What is required:
Find each line of the entries with the string "ignore", please, and copy it.

Stored items
______

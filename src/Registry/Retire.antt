-- ===== src/Registry/Retire.antt =====
-- `deprecate_all_versions` of contracts/router-registry/src/lib.rs, and the list of a name's entries.
use stellar_router.Prelude.{
  ℕ, zero, suc, String, true, false, ◌≡◌, refl, sym, ap, ◌∙◌, inl, inr, arith, Option, some, List,
  [], ◌∷◌, ◌==◌, contains, unwrap_or, Bool-cases, Option-cases, ==→eq,
}
use mathlib.Core.Path.{subst}
use stellar_router.Prelude.Sequence.{get_elem?}
use stellar_router.Prelude.Ascending.{IsAscending}
use stellar_router.Common.{Address, Env, IsAdmin, ok, err, ◌>>=◌, ◌>>◌, fail_if}
use stellar_router.Registry
use stellar_router.Registry.{
  Name, ContractEntry, RegistryError, Call, all_versions_deprecated, not_found, publish,
}
use stellar_router.Registry.Entries.{get_versions_list, is_empty, deprecate_one, retired}
use stellar_router.Registry.Calls.{ignore, deprecate_each, deprecate_all_versions}
use stellar_router.Registry.Lookup.{get_latest, push_entry, stored_entries, get_all_versions}
use stellar_router.Registry.Invariant.{IsFiled, IsValid}
use stellar_router.Registry.Writes.{Write, Writes, Writes-trans, retire_at}
use stellar_router.Registry.Valid.{Writes-IsValid, Writes-Lasts}
use stellar_router.Registry.Latest.{nonempty, get_latest-Selects}
use stellar_router.Registry.InOrder.{authorize-IsAdmin}

abbrev State : Type 0
State = Registry.Registry

-- A stored entry that is deprecated.
abbrev pub Retired : State → Name → ℕ → Type 0
Retired s name v = (x : ContractEntry) × (s.entries name v ≡ some x) × (x.deprecated ≡ true)

abbrev Stored : State → Name → ℕ → Type 0
Stored s name v = (x : ContractEntry) × (s.entries name v ≡ some x)

-- What a call that deprecates leaves: `t`, by elementary writes that leave the lists of versions alone.
record Retires (s t : State) (name : Name) (vs : List ℕ) : Type 0 where
  writes : Writes s t
  same_versions : t.versions ≡ s.versions
  all_retired : (v : ℕ) → contains vs v ≡ true → Retired t name v

deprecate_one-Retired :
    (s : State) (name : Name) (v : ℕ) (reason : Option String) (e : ContractEntry)
    → s.entries name v ≡ some e
    → (t : State) × (ignore s (deprecate_one s name v reason) ≡ ok t)
      × Writes s t
      × (t.versions ≡ s.versions)
      × Retired t name v
unfolding deprecate_one
deprecate_one-Retired s name v reason e h = elim (Bool-cases e.deprecated) [
  | inl d ↦ (s, ground arith, Writes.nothing, refl, (e, h, d))
  | inr d ↦ (
    retire_at s name v e reason,
    ground arith,
    Writes.and_then s _ Writes.nothing (Write.deprecate s name v e reason h d),
    refl,
    (retired e reason, ground arith, refl),
  )
]

Retired-still :
    (s t : State) (name : Name) (v : ℕ)
    → Writes s t
    → IsValid s
    → Retired s name v
    → Retired t name v
Retired-still s t name v w i (x, h, d) =
    let (y, k, l) = Writes-Lasts s t name v x w i h in
    (y, k, ap (λ (z : ContractEntry). z.deprecated) (l.deprecated d) ∙ d)

deprecate_each-Retires :
    (name : Name) (reason : Option String) (vs : List ℕ) (s : State)
    → IsValid s
    → ((v : ℕ) → contains vs v ≡ true → Stored s name v)
    → (t : State) × (deprecate_each s name reason vs ≡ ok t) × Retires s t name vs
unfolding deprecate_each
deprecate_each-Retires name reason [] s i h = (
  s,
  refl,
  record {
    writes = Writes.nothing;
    same_versions = refl;
    all_retired = λ v c. absurd (ground arith);
  },
)
deprecate_each-Retires name reason (v ∷ vs) s i h =
    let (e, he) = h v (ground arith) in
    let (u, eu, w, sv, r) = deprecate_one-Retired s name v reason e he in
    let iu : IsValid u = Writes-IsValid s u w i in
    let (t, et, k) = deprecate_each-Retires name reason vs u iu (λ x c.
      let (y, hy) = h x (ground arith) in
      let (z, hz, l) = Writes-Lasts s u name x y w i hy in (z, hz)) in
    (
      t,
      ap (λ m. m >>= λ (a : State). deprecate_each a name reason vs) eu ∙ et,
      record {
        writes = Writes-trans s u t w k.writes;
        same_versions = k.same_versions ∙ sv;
        all_retired = λ x c. elim (Bool-cases (x == v)) [
          | inl b ↦
              subst (Retired t name) (sym (==→eq x v b)) (Retired-still u t name v k.writes iu r)
          | inr b ↦ k.all_retired x (ground arith)
        ];
      },
    )

get_elem?-contains : (vs : List ℕ) (i v : ℕ) → get_elem? vs i ≡ some v → contains vs v ≡ true
get_elem?-contains [] i v h = absurd (ground arith)
get_elem?-contains (x ∷ vs) zero v h = ground arith
get_elem?-contains (x ∷ vs) (suc i) v h = ground (arith, get_elem?-contains vs i v h)

contains-get_elem? :
    (vs : List ℕ) (v : ℕ) → contains vs v ≡ true → (i : ℕ) × (get_elem? vs i ≡ some v)
contains-get_elem? [] v h = absurd (ground arith)
contains-get_elem? (x ∷ vs) v h = elim (Bool-cases (v == x)) [
  | inl t ↦ (zero, ground arith)
  | inr f ↦ let (i, e) = contains-get_elem? vs v (ground arith) in (suc i, e)
]

module _ (s t : State) (name : Name) (w : IsValid s)
    (k : Retires s t name (get_versions_list s name)) where
  same_list : get_versions_list t name ≡ get_versions_list s name
  same_list = ap (λ (m : Name → Option (List ℕ)). unwrap_or (m name) []) k.same_versions

  -- No entry of the name is left that is not deprecated, so the newest is not found.
  get_latest-Retires :
      is_empty (get_versions_list s name) ≡ false → get_latest t name ≡ err all_versions_deprecated
  get_latest-Retires f =
      let wt : IsValid t = Writes-IsValid s t k.writes w in
      let all : (v : ℕ) (x : ContractEntry) → t.entries name v ≡ some x → x.deprecated ≡ true =
        λ v x h.
          let l : IsFiled t name v x = wt.filed name v x h in
          let (y, hy, d) = k.all_retired v (
            ap (λ vs. contains vs v) (sym same_list)
            ∙ get_elem?-contains (get_versions_list t name) l.place v l.listed) in
          ground (arith, d, hy, h) in
      let (v, e) = nonempty (get_versions_list s name) f in
      let (y, hy, d) = k.all_retired v (get_elem?-contains (get_versions_list s name) 0 v e) in
      elim (get_latest-Selects t name wt) [
        | inl (x, m, l) ↦ absurd (ground (arith, all x.version x l.filed, l.live))
        | inr (inl (m, a, l)) ↦ m
        | inr (inr (m, unmatched)) ↦ absurd (unmatched (v, y, hy, refl))
      ]

-- On a well-formed storage the administrator can deprecate all versions of a registered name, whatever
-- versions are deprecated already, and then `get_latest` of the name fails with `AllVersionsDeprecated`.
pub deprecate_all_versions-get_latest :
    (env : Env) (s : State) (caller : Address) (name : Name) (reason : Option String)
    → IsValid s
    → IsAdmin env s.admin caller
    → is_empty (get_versions_list s name) ≡ false
    → (t : State) × (deprecate_all_versions env s caller name reason ≡ ok t)
      × (get_latest t name ≡ err all_versions_deprecated)
unfolding deprecate_all_versions
deprecate_all_versions-get_latest env s caller name reason w a f =
    let vs : List ℕ = get_versions_list s name in
    let (t, et, k) =
      deprecate_each-Retires name reason vs s w
        (λ v c. let (i, e) = contains-get_elem? vs v c in w.stored name i v e) in
    (
      t,
      ap (λ m. m >> (fail_if (is_empty vs) not_found >> deprecate_each s name reason vs))
            (authorize-IsAdmin env s caller a)
          ∙ ap (λ b. fail_if b not_found >> deprecate_each s name reason vs) f
          ∙ et,
      get_latest-Retires s t name w k f,
    )

-- The versions of the entries in a list.
abbrev pub versions_of : List ContractEntry → List ℕ
versions_of [] = []
versions_of (e ∷ es) = e.version ∷ versions_of es

stored_entries-versions :
    (s : State) (name : Name) (vs : List ℕ)
    → IsValid s
    → ((i v : ℕ) → get_elem? vs i ≡ some v → Stored s name v)
    → versions_of (stored_entries s name vs) ≡ vs
unfolding stored_entries
stored_entries-versions s name [] w h = refl
stored_entries-versions s name (v ∷ vs) w h =
    let (e, he) = h 0 v refl in
    let rest : List ContractEntry = stored_entries s name vs in
    ap (λ o. versions_of (push_entry o rest)) he
    ∙ ap (λ k. k ∷ versions_of rest) (w.filed name v e he).same_version
    ∙ ap (λ l. v ∷ l) (stored_entries-versions s name vs w (λ i u g. h (suc i) u g))

filed_first :
    (s : State) (name : Name) (v : ℕ) (x : ContractEntry)
    → IsValid s
    → s.entries name v ≡ some x
    → (rest : List ContractEntry) (e : ContractEntry)
    → ((j : ℕ) → get_elem? rest j ≡ some e → s.entries name e.version ≡ some e)
    → (i : ℕ) → get_elem? (x ∷ rest) i ≡ some e
    → s.entries name e.version ≡ some e
filed_first s name v x w hx rest e f zero h =
    let same : x ≡ e = ground arith in
    subst (λ y. s.entries name y.version ≡ some y) same
      (ap (s.entries name) (w.filed name v x hx).same_version ∙ hx)
filed_first s name v x w hx rest e f (suc i) h = f i h

stored_entries-filed :
    (s : State) (name : Name) (vs : List ℕ)
    → IsValid s
    → (i : ℕ) (e : ContractEntry) → get_elem? (stored_entries s name vs) i ≡ some e
    → s.entries name e.version ≡ some e
unfolding stored_entries
stored_entries-filed s name [] w i e h = absurd (ground arith)
stored_entries-filed s name (v ∷ vs) w i e h = elim (Option-cases (s.entries name v)) [
  | inl n ↦
      stored_entries-filed s name vs w i e
        (ap (λ o. get_elem? (push_entry o (stored_entries s name vs)) i) (sym n) ∙ h)
  | inr (x, hx) ↦
      filed_first s name v x w hx (stored_entries s name vs) e
        (λ j k. stored_entries-filed s name vs w j e k) i
        (ap (λ o. get_elem? (push_entry o (stored_entries s name vs)) i) (sym hx) ∙ h)
]

-- On a well-formed storage `get_all_versions` lists one entry for each version of the name, in ascending
-- order of the versions, and each listed entry is the one filed under its version.
pub get_all_versions-versions :
    (s : State) (name : Name)
    → IsValid s
    → (versions_of (get_all_versions s name) ≡ get_versions_list s name)
      × IsAscending (versions_of (get_all_versions s name))
      × ((i : ℕ) (e : ContractEntry)
          → get_elem? (get_all_versions s name) i ≡ some e
          → s.entries name e.version ≡ some e)
unfolding get_all_versions
get_all_versions-versions s name w =
    let same : versions_of (stored_entries s name (get_versions_list s name))
        ≡ get_versions_list s name =
      stored_entries-versions s name (get_versions_list s name) w (w.stored name) in
    (
      same,
      subst IsAscending (sym same) (w.ascending name),
      λ i e h. stored_entries-filed s name (get_versions_list s name) w i e h,
    )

______

Answer area:
use stellar_router.Registry.Calls.{ignore, deprecate_each, deprecate_all_versions}
    → (t : State) × (ignore s (deprecate_one s name v reason) ≡ ok t)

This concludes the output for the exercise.